RECORDS FOR THIS EXERCISE |
*-*-*
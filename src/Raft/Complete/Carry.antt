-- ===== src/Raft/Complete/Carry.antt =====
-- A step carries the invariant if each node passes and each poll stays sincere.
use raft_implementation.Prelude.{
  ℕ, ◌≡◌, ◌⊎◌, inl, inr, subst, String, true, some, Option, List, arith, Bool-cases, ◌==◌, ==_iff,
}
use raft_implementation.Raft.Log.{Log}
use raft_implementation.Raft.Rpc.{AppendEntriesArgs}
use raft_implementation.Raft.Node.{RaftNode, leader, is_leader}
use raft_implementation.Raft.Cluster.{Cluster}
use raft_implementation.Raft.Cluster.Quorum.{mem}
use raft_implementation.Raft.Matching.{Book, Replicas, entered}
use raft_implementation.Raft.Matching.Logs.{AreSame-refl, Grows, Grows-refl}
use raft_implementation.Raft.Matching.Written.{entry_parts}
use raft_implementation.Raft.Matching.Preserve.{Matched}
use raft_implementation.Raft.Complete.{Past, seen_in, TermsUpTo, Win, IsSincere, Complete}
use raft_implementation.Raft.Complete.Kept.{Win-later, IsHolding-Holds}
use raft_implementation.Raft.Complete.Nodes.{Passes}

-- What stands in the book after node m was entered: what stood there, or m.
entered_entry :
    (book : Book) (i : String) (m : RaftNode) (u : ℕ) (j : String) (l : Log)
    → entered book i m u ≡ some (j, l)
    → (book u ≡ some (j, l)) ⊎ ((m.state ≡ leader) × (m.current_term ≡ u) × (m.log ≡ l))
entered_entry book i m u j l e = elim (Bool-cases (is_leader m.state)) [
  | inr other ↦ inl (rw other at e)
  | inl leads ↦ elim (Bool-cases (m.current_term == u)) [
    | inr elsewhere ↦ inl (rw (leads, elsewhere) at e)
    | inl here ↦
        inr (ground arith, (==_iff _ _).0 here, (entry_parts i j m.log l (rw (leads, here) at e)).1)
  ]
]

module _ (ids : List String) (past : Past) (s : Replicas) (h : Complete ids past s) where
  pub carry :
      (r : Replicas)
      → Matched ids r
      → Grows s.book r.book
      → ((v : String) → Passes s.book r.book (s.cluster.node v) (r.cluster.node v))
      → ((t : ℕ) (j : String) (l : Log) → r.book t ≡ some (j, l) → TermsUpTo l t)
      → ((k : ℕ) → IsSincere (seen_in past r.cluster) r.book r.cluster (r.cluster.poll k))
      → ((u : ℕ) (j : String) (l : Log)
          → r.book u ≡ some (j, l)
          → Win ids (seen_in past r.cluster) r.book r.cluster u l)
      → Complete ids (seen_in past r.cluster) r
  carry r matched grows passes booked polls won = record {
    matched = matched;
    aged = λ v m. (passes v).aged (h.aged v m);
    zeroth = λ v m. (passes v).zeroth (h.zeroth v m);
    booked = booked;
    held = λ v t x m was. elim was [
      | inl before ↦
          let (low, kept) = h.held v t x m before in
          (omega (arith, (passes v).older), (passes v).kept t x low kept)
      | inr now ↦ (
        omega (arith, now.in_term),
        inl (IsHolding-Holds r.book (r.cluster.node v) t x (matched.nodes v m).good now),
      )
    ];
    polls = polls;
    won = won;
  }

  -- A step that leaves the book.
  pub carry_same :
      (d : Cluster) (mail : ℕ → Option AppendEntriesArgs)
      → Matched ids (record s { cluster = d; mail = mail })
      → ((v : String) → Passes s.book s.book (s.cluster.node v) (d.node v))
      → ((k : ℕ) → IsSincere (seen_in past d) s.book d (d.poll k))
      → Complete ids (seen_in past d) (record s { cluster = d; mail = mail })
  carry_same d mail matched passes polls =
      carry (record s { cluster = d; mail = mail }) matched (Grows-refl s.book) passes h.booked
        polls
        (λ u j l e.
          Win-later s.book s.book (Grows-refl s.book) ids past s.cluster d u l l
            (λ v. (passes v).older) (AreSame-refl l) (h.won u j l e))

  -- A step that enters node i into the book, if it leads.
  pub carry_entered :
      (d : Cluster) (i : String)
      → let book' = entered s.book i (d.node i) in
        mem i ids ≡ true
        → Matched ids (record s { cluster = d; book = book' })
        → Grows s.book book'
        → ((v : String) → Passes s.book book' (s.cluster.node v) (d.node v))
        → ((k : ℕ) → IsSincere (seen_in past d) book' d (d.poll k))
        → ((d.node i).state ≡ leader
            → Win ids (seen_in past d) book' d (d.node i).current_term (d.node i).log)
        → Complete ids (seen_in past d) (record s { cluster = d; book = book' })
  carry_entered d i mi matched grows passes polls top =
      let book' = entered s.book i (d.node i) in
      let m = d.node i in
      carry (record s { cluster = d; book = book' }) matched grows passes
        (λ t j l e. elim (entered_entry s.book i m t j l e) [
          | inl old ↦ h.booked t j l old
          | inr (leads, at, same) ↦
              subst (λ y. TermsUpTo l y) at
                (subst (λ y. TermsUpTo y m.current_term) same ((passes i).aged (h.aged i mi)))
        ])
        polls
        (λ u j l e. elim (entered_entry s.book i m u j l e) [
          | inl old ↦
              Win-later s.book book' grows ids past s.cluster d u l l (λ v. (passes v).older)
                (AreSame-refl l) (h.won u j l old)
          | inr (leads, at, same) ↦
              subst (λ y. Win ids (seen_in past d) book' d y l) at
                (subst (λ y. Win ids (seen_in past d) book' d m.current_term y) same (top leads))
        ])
*-*-*
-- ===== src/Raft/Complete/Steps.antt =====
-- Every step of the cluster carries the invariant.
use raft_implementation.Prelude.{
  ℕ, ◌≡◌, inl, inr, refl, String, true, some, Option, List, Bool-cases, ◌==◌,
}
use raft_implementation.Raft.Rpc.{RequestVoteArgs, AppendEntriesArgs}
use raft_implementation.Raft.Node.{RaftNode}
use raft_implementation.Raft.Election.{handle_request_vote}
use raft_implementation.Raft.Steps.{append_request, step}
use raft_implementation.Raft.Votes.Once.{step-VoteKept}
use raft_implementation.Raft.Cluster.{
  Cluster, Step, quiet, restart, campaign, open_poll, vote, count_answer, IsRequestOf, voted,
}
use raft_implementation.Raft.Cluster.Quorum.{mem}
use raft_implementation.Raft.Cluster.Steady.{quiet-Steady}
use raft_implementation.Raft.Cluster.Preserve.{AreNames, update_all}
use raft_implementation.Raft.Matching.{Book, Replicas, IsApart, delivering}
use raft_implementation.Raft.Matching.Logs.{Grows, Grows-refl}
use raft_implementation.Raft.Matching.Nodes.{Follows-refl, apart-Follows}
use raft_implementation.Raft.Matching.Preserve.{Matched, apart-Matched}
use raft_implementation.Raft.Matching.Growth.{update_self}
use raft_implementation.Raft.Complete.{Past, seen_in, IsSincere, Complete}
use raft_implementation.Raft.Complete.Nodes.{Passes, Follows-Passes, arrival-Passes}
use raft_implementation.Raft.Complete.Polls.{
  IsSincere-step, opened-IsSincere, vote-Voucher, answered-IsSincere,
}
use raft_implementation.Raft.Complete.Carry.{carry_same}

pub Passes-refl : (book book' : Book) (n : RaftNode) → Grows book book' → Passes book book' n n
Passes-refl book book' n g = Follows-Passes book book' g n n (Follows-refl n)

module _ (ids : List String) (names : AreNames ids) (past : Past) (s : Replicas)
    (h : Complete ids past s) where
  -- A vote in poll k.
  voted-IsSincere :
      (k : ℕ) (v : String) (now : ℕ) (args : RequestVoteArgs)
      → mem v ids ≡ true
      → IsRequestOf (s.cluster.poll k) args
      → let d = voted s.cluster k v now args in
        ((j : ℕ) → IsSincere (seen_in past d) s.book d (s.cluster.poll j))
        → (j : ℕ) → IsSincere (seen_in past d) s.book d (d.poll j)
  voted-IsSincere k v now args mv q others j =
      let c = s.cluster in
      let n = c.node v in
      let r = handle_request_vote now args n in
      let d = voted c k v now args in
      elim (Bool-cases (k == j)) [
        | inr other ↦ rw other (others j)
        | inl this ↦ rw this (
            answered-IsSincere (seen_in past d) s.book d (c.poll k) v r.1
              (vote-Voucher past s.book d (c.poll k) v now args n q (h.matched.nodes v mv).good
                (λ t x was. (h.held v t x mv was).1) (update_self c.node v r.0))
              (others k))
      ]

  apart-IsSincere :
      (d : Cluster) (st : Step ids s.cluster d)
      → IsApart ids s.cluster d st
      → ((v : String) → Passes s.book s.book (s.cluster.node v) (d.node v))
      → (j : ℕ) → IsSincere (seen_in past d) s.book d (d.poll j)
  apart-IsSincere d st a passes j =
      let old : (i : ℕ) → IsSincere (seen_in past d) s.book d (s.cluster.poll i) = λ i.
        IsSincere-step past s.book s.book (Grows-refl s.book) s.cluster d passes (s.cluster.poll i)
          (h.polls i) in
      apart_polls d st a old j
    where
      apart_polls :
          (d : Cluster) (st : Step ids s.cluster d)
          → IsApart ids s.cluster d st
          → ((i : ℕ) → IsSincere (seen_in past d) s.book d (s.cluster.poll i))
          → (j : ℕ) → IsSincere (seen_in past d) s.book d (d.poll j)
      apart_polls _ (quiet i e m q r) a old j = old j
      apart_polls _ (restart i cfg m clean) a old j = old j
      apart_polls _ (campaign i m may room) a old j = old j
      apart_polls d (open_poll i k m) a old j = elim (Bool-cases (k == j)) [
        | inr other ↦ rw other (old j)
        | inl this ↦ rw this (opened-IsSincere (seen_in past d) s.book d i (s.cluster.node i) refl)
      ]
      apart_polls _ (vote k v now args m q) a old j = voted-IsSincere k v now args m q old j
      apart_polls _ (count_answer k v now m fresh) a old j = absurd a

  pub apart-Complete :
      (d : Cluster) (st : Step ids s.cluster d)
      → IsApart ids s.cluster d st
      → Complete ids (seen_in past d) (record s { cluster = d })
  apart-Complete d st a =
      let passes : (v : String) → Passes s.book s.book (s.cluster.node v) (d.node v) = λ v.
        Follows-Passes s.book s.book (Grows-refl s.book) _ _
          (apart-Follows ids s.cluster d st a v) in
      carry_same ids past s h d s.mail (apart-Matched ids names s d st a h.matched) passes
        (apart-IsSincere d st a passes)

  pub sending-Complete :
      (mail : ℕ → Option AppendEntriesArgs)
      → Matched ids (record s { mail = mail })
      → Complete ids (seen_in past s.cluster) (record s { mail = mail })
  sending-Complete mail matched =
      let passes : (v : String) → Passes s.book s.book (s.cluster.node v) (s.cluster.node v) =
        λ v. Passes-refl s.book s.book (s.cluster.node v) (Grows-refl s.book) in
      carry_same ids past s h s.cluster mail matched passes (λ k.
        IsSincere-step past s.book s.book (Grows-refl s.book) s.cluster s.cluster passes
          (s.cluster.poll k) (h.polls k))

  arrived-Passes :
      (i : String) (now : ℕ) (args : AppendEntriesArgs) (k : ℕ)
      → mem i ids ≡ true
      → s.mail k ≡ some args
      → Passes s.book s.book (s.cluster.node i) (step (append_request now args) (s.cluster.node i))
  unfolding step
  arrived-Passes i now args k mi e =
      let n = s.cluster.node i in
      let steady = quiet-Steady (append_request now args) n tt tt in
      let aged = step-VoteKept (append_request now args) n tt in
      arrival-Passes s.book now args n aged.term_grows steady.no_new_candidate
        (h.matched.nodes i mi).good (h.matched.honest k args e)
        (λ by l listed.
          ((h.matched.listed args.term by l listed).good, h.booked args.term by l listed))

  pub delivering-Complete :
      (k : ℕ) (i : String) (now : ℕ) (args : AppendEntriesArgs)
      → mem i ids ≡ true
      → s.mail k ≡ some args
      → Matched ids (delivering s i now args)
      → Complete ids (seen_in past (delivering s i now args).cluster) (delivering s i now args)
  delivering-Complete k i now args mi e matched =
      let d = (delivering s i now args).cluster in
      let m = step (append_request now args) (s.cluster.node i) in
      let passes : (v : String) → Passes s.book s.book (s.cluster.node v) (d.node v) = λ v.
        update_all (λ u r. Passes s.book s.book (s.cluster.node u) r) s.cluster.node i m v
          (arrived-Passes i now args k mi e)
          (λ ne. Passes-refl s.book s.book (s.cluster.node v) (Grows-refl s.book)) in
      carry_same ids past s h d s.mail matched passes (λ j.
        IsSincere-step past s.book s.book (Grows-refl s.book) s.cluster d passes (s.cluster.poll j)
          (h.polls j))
*-*-*
INSTRUCTIONS TO FOLLOW | Filter the entries down to the lines that hold "Holds". Copy those lines.

ANSWER |
use raft_implementation.Raft.Complete.Kept.{Win-later, IsHolding-Holds}
        inl (IsHolding-Holds r.book (r.cluster.node v) t x (matched.nodes v m).good now),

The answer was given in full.